Stored data Start Marker
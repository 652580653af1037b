-- ===== src/Normalizing/Quartiles.antt =====
-- The quartiles of values in order, and values scaled by their distance.
use argocd_autoscaler.Base.{
  ℕ, zero, suc, ◌+◌, ◌-◌, ◌/◌, ◌%◌, ◌≤◌, ◌≡◌, subst, false, List, [], ◌∷◌, arith, Bool-cases, inl,
  inr, All, All-map, All-get_elem?, All-drop, All-make, All-zip, length, get_elem?, take, drop, ltb,
  ◌==◌,
}
use argocd_autoscaler.Arithmetic.{Arithmetic, IsRounded}
use argocd_autoscaler.Sorting.{IsOrderedBy}
use argocd_autoscaler.LoadIndexing.{Metric}
use argocd_autoscaler.Outcomes.{returned, or_panic}
use argocd_autoscaler.Normalizing.{
  mean_of, compute_median, compute_quartiles, compute_iqr, lower_half, upper_half, scaled,
}
use argocd_autoscaler.Outcomes.{returned_inj, >>=-eq_returned, or_panic-eq_returned}

module _ (n : Arithmetic) where
  -- A property that the mean of two numbers keeps holds of the median, where it holds of all.
  compute_median-closed :
      (P : n.Float → Type 0)
      → ((x y : n.Float) → P x → P y → P (n.div (n.add x y) (n.of_nat 2)))
      → (xs : List n.Float) {m : n.Float} → All P xs
      → compute_median n xs ≡ returned m
      → P m
  unfolding compute_median
  compute_median-closed P mean xs {m} a h = elim (Bool-cases (length xs == 0)) [
    | inl e ↦ ground (arith, rw e at h)
    | inr e ↦ elim (Bool-cases (length xs % 2 == 0)) [
      | inl e' ↦
          let h' : mean_of n (get_elem? xs (length xs / 2 - 1)) (get_elem? xs (length xs / 2))
              ≡ returned m =
            rw (e, e') at h in
          let (x, ex, hx) = >>=-eq_returned (or_panic (get_elem? xs (length xs / 2 - 1))) _ h' in
          let (y, ey, hy) = >>=-eq_returned (or_panic (get_elem? xs (length xs / 2))) _ hx in
          subst P (returned_inj hy) (
            mean x y (All-get_elem? P xs (length xs / 2 - 1) a (or_panic-eq_returned _ ex))
              (All-get_elem? P xs (length xs / 2) a (or_panic-eq_returned _ ey)))
      | inr e' ↦ All-get_elem? P xs (length xs / 2) a (or_panic-eq_returned _ (rw (e, e') at h))
    ]
  ]

  -- In a list in order, what stands before is at most what stands after.
  ordered_split :
      (i j : ℕ) (xs : List n.Float)
      → i ≤ j
      → IsOrderedBy n.lt xs
      → All (λ u. All (λ a. n.lt u a ≡ false) (take i xs)) (drop j xs)
  ordered_split zero j xs h o = All-make _ (drop j xs) (λ u. tt)
  ordered_split (suc i) zero xs h o = absurd (omega arith)
  ordered_split (suc i) (suc j) [] h o = tt
  ordered_split (suc i) (suc j) (x ∷ xs) h o =
      All-zip _ _ (drop j xs) (All-drop _ j xs o.0) (ordered_split i j xs (omega arith) o.1)

  halves_lem :
      (xs : List n.Float)
      → IsOrderedBy n.lt xs
      → All (λ u. All (λ a. n.lt u a ≡ false) (lower_half n xs)) (upper_half n xs)
  halves_lem xs o = elim (Bool-cases (length xs % 2 == 0)) [
    | inl e ↦ rw e (ordered_split (length xs / 2) (length xs / 2) xs (omega arith) o)
    | inr e ↦ rw e (ordered_split (length xs / 2) (length xs / 2 + 1) xs (omega arith) o)
  ]

  module _ (laws : IsRounded n) where
    quartiles_lem :
        (xs : List n.Float) {q : n.Float × n.Float}
        → IsOrderedBy n.lt xs
        → compute_quartiles n xs ≡ returned q
        → n.lt q.1 q.0 ≡ false
    unfolding compute_quartiles
    quartiles_lem xs {q} o h =
        let (q1, e1, h') = >>=-eq_returned (compute_median n (lower_half n xs)) _ h in
        let (q3, e3, h'') = >>=-eq_returned (compute_median n (upper_half n xs)) _ h' in
        let below =
          All-map (upper_half n xs)
            (λ u a.
              compute_median-closed (λ x. n.lt u x ≡ false) (λ x y k l. laws.mean_most x y u k l)
                (lower_half n xs) a e1)
            (halves_lem xs o) in
        subst (λ p. n.lt p.1 p.0 ≡ false) (returned_inj h'')
          (compute_median-closed (λ x. n.lt x q1 ≡ false) (λ x y k l. laws.mean_least x y q1 k l)
            (upper_half n xs) below e3)

    -- The distance of the quartiles of a list in order is not negative.
    pub compute_iqr-nonnegative :
        (xs : List n.Float) {iqr : n.Float}
        → IsOrderedBy n.lt xs
        → compute_iqr n xs ≡ returned iqr
        → n.lt iqr (n.of_nat 0) ≡ false
    unfolding compute_iqr
    compute_iqr-nonnegative xs {iqr} o h = elim (Bool-cases (ltb 1 (length xs))) [
      | inl e ↦
          let (q, eq, same) = >>=-eq_returned (compute_quartiles n xs) _ (rw e at h) in
          subst (λ x. n.lt x (n.of_nat 0) ≡ false) (returned_inj same)
            (laws.sub_nonnegative q.1 q.0 (quartiles_lem xs o eq))
      | inr e ↦
          subst (λ x. n.lt x (n.of_nat 0) ≡ false) (returned_inj (rw e at h))
            (laws.ordered.lt_irrefl (n.of_nat 0))
    ]

    pub scaled_mono :
        (median iqr : n.Float) (x x' : Metric n)
        → n.lt iqr (n.of_nat 0) ≡ false
        → n.lt (n.as_float x'.value) (n.as_float x.value) ≡ false
        → n.lt (scaled n median iqr x') (scaled n median iqr x) ≡ false
    scaled_mono median iqr x x' h k = elim (Bool-cases (n.eq iqr (n.of_nat 0))) [
      | inl e ↦ rw e (laws.ordered.lt_irrefl (n.of_nat 0))
      | inr e ↦ rw e (
          laws.div_mono (n.sub (n.as_float x'.value) median) (n.sub (n.as_float x.value) median) iqr
            (laws.sub_mono (n.as_float x'.value) (n.as_float x.value) median k) h e)
    ]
Stored data End Marker
--- Task description ---
Copy out only the lines above from the one with "halves_lem xs o = elim" to the one with "let (q1, e1, h')", inclusive, exactly as they stand.

--- Reply to the task ---
  halves_lem xs o = elim (Bool-cases (length xs % 2 == 0)) [
    | inl e ↦ rw e (ordered_split (length xs / 2) (length xs / 2) xs (omega arith) o)
    | inr e ↦ rw e (ordered_split (length xs / 2) (length xs / 2 + 1) xs (omega arith) o)
  ]

  module _ (laws : IsRounded n) where
    quartiles_lem :
        (xs : List n.Float) {q : n.Float × n.Float}
        → IsOrderedBy n.lt xs
        → compute_quartiles n xs ≡ returned q
        → n.lt q.1 q.0 ≡ false
    unfolding compute_quartiles
    quartiles_lem xs {q} o h =
        let (q1, e1, h') = >>=-eq_returned (compute_median n (lower_half n xs)) _ h in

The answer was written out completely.